Ukraine has developed layered approaches involving:
- Electronic warfare.
- Guns.
- Mobile air defense.
- Interceptor drones.
These techniques are increasingly relevant to Gulf states, Israel, U.S. regional bases, and other partners confronting Iranian-style drone threats.
Zelensky is therefore making a broader argument:
Ukraine can help solve a global air-defense problem, not just a Ukrainian one.
That message is aimed not only at Washington but also at Saudi Arabia, Qatar, the UAE, and European governments that are reevaluating air-defense doctrine.
The deeper military lesson
The most consequential issue is that missile warfare is entering a production-centric era.
For decades, Western planning assumed:
- Limited missile salvos.
- Short conflicts.
- Manageable interceptor expenditure.
Ukraine has demonstrated the opposite.
A major state can now launch:
- Hundreds of drones.
- Dozens of cruise missiles.
- Multiple ballistic missiles.
In a single strike cycle.
The side that wins is increasingly the side that can sustain production rather than merely field the most advanced weapon.
That is why Zelensky is talking about factories and licenses rather than simply requesting another shipment.
Bottom-line assessment
My assessment is that the probability of Ukraine receiving a full Patriot-production license remains relatively low in the near term.
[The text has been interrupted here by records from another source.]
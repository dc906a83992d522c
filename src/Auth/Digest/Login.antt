-- ===== src/Auth/Digest/Login.antt =====
-- A client that knows the password gets in.
use gate_control.Base.{true, some, ◌≡◌, All}
use gate_control.Base.Text.{Str}
use gate_control.Base.Outcome.{ok}
use gate_control.AuthTable.Types.{AuthData, AuthTable, find_user}
use gate_control.Auth.Fields.Written.{IsField}
use gate_control.Auth.Digest.{DigestAuth, is_valid, Verb, http_method_to_str, get_auth}
use gate_control.Auth.Digest.Parsing.{
  digest_fields, digest_text, parse_digest_auth_field-digest_text,
}
use gate_control.Auth.Digest.Checking.{IsAnswer, get_auth_iff}

-- A field that a client writes for a login of the table, with fields that can be quoted and the
-- right answer, lets that user in.
pub get_auth-digest_text :
    (H : Str → Str) (d : DigestAuth) (method : Verb) (t : AuthTable) (nonce opaque : Str)
    (user : AuthData)
    → All IsField (digest_fields d)
    → is_valid d ≡ true
    → find_user d.username t ≡ some user
    → IsAnswer H d user.password (http_method_to_str method) nonce opaque
    → get_auth H (some (digest_text d)) method t nonce opaque ≡ ok (some user)
get_auth-digest_text H d method t nonce opaque user v valid known answer =
    (get_auth_iff H (digest_text d) method t nonce opaque user).1 (record {
      digest = d;
      parsed = parse_digest_auth_field-digest_text d v valid;
      known = known;
      answer = answer;
    })
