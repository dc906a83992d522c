-- ===== src/Auth/Endpoint.antt =====
-- src/auth.hpp and src/auth.cpp: `endpoint_map` and `get_endpoint_permissions`.
pub mod Segments
use gate_control.Base.{
  ℕ, zero, suc, List, [], ◌∷◌, Option, none, some, length, take, ltb, if◌then◌else◌,
}
use gate_control.Base.Text.{Str, codes, starts_with, find_from, rfind_char}
use gate_control.AuthTable.Types.{AuthorizationType, view, control}

abbrev pub Endpoints : Type 0
Endpoints = List (Str × Option AuthorizationType)

abbrev pub endpoint_map : Endpoints
endpoint_map =
    (codes "/config", some view)
    ∷ (codes "/maps", some view)
    ∷ (codes "/control", some control)
    ∷ (codes "/view", some view)
    ∷ (codes "/", none)
    ∷ []

-- `path.substr(0, path.rfind('/'))`; a count of `npos` keeps the whole text.
unfoldable pub parent : Str → Str
parent path = elim (rfind_char b'/' path) [ none ↦ path | some i ↦ take i path ]

-- The loop over the map. `again` is the recursive call of the function itself.
unfoldable pub scan_endpoints :
    (Str → Option AuthorizationType) → Str → Endpoints → Option AuthorizationType
unfolding parent
scan_endpoints again path [] = none
scan_endpoints again path ((endpoint, permissions) ∷ es) =
    if starts_with path endpoint
    then if ltb (length endpoint) (length path)
      then elim (find_from b'/' path (length endpoint)) [
        | none ↦ none
        | some _ ↦ again (parent path)
      ]
      else permissions
    else scan_endpoints again path es

-- Each recursive call is on a shorter path, so the length bounds their number.
unfoldable pub permissions_within : ℕ → Str → Option AuthorizationType
permissions_within zero path = none
permissions_within (suc fuel) path = scan_endpoints (permissions_within fuel) path endpoint_map

unfoldable pub get_endpoint_permissions : Str → Option AuthorizationType
get_endpoint_permissions path = permissions_within (suc (length path)) path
The probability of expanded co-production, assembly work, component manufacturing, or licensed participation in the Patriot supply chain is substantially higher.
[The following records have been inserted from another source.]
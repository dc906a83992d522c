-- ===== src/Auth/Endpoint/Segments.antt =====
-- What `get_endpoint_permissions` decides: the endpoint has to be the path's first segment.
use gate_control.Base.{
  ℕ, zero, suc, ◌≤◌, ◌<◌, Bool, true, false, [], ◌∷◌, Option, none, some, length, length-take-le,
  length-drop, drop-all, ap, take, drop, ltb, ◌==◌, if◌then◌else◌, ◌≡◌, refl, sym, ◌∙◌, drop-nil,
  inl, inr, arith, Bool-cases, Option-cases,
}
use gate_control.Base.Text.{Str, starts_with, find_char, find_from, rfind_char}
use gate_control.AuthTable.Types.{AuthorizationType}
use gate_control.Auth.Endpoint.{
  Endpoints, endpoint_map, parent, scan_endpoints, permissions_within, get_endpoint_permissions,
}

-- A segment ends here: at the end of the path, or at a slash.
abbrev pub ends_segment : Str → Bool
ends_segment [] = true
ends_segment (c ∷ s) = c == b'/'

-- The first endpoint that the path begins with decides, if it ends a segment there.
pub access : Endpoints → Str → Option AuthorizationType
access [] path = none
access ((endpoint, permissions) ∷ es) path =
    if starts_with path endpoint
    then if ends_segment (drop (length endpoint) path) then permissions else none
    else access es path

starts_with-take : (s p : Str) (n : ℕ) → length p ≤ n → starts_with (take n s) p ≡ starts_with s p
unfolding starts_with
starts_with-take s [] n h = refl
starts_with-take s (y ∷ p) zero h = absurd (omega arith)
starts_with-take [] (y ∷ p) (suc n) h = refl
starts_with-take (x ∷ s) (y ∷ p) (suc n) h = ground (arith, starts_with-take s p n)

starts_with_of_take : (s p : Str) (n : ℕ) → starts_with (take n s) p ≡ true → starts_with s p ≡ true
unfolding starts_with
starts_with_of_take s [] n h = refl
starts_with_of_take s (y ∷ p) zero h = cc
starts_with_of_take [] (y ∷ p) (suc n) h = h
starts_with_of_take (x ∷ s) (y ∷ p) (suc n) h = ground (arith, starts_with_of_take s p n)

-- The first entry whose endpoint the path begins with.
first : Endpoints → Str → Option (Str × Option AuthorizationType)
first [] path = none
first ((endpoint, permissions) ∷ es) path =
    if starts_with path endpoint then some (endpoint, permissions) else first es path

abbrev decide : Str → Option (Str × Option AuthorizationType) → Option AuthorizationType
decide path none = none
decide path (some (endpoint, permissions)) =
    if ends_segment (drop (length endpoint) path) then permissions else none

access-first : (es : Endpoints) (path : Str) → access es path ≡ decide path (first es path)
unfolding access first
access-first [] path = refl
access-first ((e, p) ∷ es) path = ground (arith, access-first es path)

first-take :
    (es : Endpoints) (path : Str) (n : ℕ) (e : Str) (p : Option AuthorizationType)
    → length e ≤ n
    → first es path ≡ some (e, p)
    → first es (take n path) ≡ some (e, p)
unfolding first
first-take [] path n e p h found = cc
first-take ((e0, p0) ∷ es) path n e p h found = elim (Bool-cases (starts_with path e0)) [
  | inl yes0 ↦ let same : e0 ≡ e = ground arith in ground (arith, starts_with-take path e n h, same)
  | inr no0 ↦
      ground (arith, starts_with_of_take path e0 n, first-take es path n e p h (rw no0 at found))
]

-- `scan_endpoints`, on the entry that it finds.
abbrev go_up :
    (Str → Option AuthorizationType)
    → Str
    → Option (Str × Option AuthorizationType)
    → Option AuthorizationType
go_up again path none = none
go_up again path (some (e, p)) =
    if ltb (length e) (length path)
    then elim (find_from b'/' path (length e)) [ none ↦ none | some _ ↦ again (parent path) ]
    else p

scan_endpoints-first :
    (again : Str → Option AuthorizationType) (path : Str) (es : Endpoints)
    → scan_endpoints again path es ≡ go_up again path (first es path)
unfolding scan_endpoints first
scan_endpoints-first again path [] = refl
scan_endpoints-first again path ((e, p) ∷ es) = elim (Bool-cases (starts_with path e)) [
  | inl hit ↦ rw hit
  | inr miss ↦ rw miss (scan_endpoints-first again path es)
]

-- Where `rfind` finds the byte.
rfind_char-lt :
    (c : ℕ) (s : Str) (i : ℕ)
    → rfind_char c s ≡ some i
    → (i < length s) × (drop i s ≡ c ∷ drop (suc i) s)
unfolding rfind_char
rfind_char-lt c [] i h = cc
rfind_char-lt c (x ∷ s) zero h = (omega arith, ground (arith, Option-cases (rfind_char c s)))
rfind_char-lt c (x ∷ s) (suc i) h =
    ground (arith, Option-cases (rfind_char c s), rfind_char-lt c s i)

-- A byte from a position on is not after the last one.
rfind_char-ge :
    (c : ℕ) (s : Str) (n j : ℕ)
    → find_char c (drop n s) ≡ some j
    → (i : ℕ) × (rfind_char c s ≡ some i) × (n ≤ i)
unfolding rfind_char find_char
rfind_char-ge c [] zero j h = cc
rfind_char-ge c [] (suc n) j h = cc
rfind_char-ge c (x ∷ s) zero j h = elim (Option-cases (rfind_char c s)) [
  | inl missing ↦ elim (Bool-cases (x == c)) [
    | inl hit ↦ (0, rw (missing, rfind_char, hit), omega arith)
    | inr miss ↦ elim (Option-cases (find_char c s)) [
      | inl lacking ↦ absurd (ground arith)
      | inr (k, found) ↦ let (i, last, _) = rfind_char-ge c s zero k found in absurd (ground arith)
    ]
  ]
  | inr (i, found) ↦ (suc i, rw (found, rfind_char), omega arith)
]
rfind_char-ge c (x ∷ s) (suc n) j h =
    let (i, found, le) = rfind_char-ge c s n j h in (suc i, rw (found, rfind_char), omega arith)

ends_segment-take :
    (path : Str) (n i : ℕ)
    → n ≤ i
    → drop i path ≡ b'/' ∷ drop (suc i) path
    → ends_segment (drop n (take i path)) ≡ ends_segment (drop n path)
ends_segment-take [] n i h e = let e' : ◌≡◌ {A = Str} (b'/' ∷ []) [] = sym e ∙ drop-nil i in cc
ends_segment-take (x ∷ path) zero zero h e = ground arith
ends_segment-take (x ∷ path) zero (suc i) h e = refl
ends_segment-take (x ∷ path) (suc n) zero h e = absurd (omega arith)
ends_segment-take (x ∷ path) (suc n) (suc i) h e = ends_segment-take path n i (omega arith) e

not-ends_segment : (s : Str) → 0 < length s → find_char b'/' s ≡ none → ends_segment s ≡ false
unfolding find_char
not-ends_segment [] h e = absurd (omega arith)
not-ends_segment (x ∷ s) h e = ground arith

-- The step up to the parent, where the recursive call is right.
module _ (again : Str → Option AuthorizationType) (es : Endpoints) (path e : Str)
    (p : Option AuthorizationType) (found : first es path ≡ some (e, p))
    (ih : (q : Str) → length q < length path → again q ≡ access es q) where
  again-parent :
      (j : ℕ)
      → find_char b'/' (drop (length e) path) ≡ some j
      → again (parent path) ≡ decide path (some (e, p))
  unfolding parent
  again-parent j h =
      let (i, last, le) = rfind_char-ge b'/' path (length e) j h in
      let (lt, slash) = rfind_char-lt b'/' path i last in
      let up : again (take i path) ≡ access es (take i path) =
        ih (take i path) (omega (arith, length-take-le i path)) in
      rw (last, parent)
        (up
          ∙ access-first es (take i path)
          ∙ ap (decide (take i path)) (first-take es path i e p le found)
          ∙ ap (λ b. if b then p else none) (ends_segment-take path (length e) i le slash))

  go_up-decide : go_up again path (some (e, p)) ≡ decide path (some (e, p))
  unfolding find_from
  go_up-decide = elim (Bool-cases (ltb (length e) (length path))) [
    | inl longer ↦ elim (Option-cases (find_char b'/' (drop (length e) path))) [
      | inl lacking ↦
          ground (arith, not-ends_segment (drop (length e) path), length-drop (length e) path)
      | inr (j, slash) ↦ rw (longer, slash) (again-parent j slash)
    ]
    | inr whole ↦ rw (whole, drop-all (length e) path (ground arith))
  ]

go_up-first :
    (again : Str → Option AuthorizationType) (es : Endpoints) (path : Str)
    → ((q : Str) → length q < length path → again q ≡ access es q)
    → (o : Option (Str × Option AuthorizationType)) → first es path ≡ o
    → go_up again path o ≡ decide path o
go_up-first again es path ih none found = refl
go_up-first again es path ih (some (e, p)) found = go_up-decide again es path e p found ih

permissions_within-access :
    (fuel : ℕ) (path : Str)
    → length path < fuel
    → permissions_within fuel path ≡ access endpoint_map path
unfolding permissions_within
permissions_within-access zero path h = absurd (omega arith)
permissions_within-access (suc fuel) path h =
    let ih : (q : Str)
        → length q < length path
        → permissions_within fuel q ≡ access endpoint_map q =
      λ q less. permissions_within-access fuel q (omega arith) in
    scan_endpoints-first (permissions_within fuel) path endpoint_map
    ∙ go_up-first (permissions_within fuel) endpoint_map path ih (first endpoint_map path) refl
    ∙ sym (access-first endpoint_map path)

-- The permissions of a path are those of the first endpoint that it begins with, where that is the
-- path's whole first segment; any other path has none, and is open to all.
pub get_endpoint_permissions-access :
    (path : Str) → get_endpoint_permissions path ≡ access endpoint_map path
unfolding get_endpoint_permissions
get_endpoint_permissions-access path =
    permissions_within-access (suc (length path)) path (omega arith)

-- With two slashes at the front the first segment is empty, and no endpoint's.
pub get_endpoint_permissions-slashes :
    (rest : Str) → get_endpoint_permissions (b'/' ∷ b'/' ∷ rest) ≡ none
unfolding access starts_with
get_endpoint_permissions-slashes rest = get_endpoint_permissions-access (b'/' ∷ b'/' ∷ rest)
The larger strategic significance is that Ukraine is attempting to reposition itself from a consumer of Western security into a contributor to Western defense capacity. By offering drone interception technology, radar integration expertise, and combat-tested innovation in exchange for missile-defense production rights, Kyiv is proposing a two-way defense-industrial partnership rather than a traditional aid relationship.
If Washington embraces even part of that model, it could become one of the most consequential defense-industrial developments of the war—because it would link America’s high-end missile-defense technology with Ukraine’s wartime innovation ecosystem, creating a production and adaptation network that extends well beyond the Russia-Ukraine battlefield.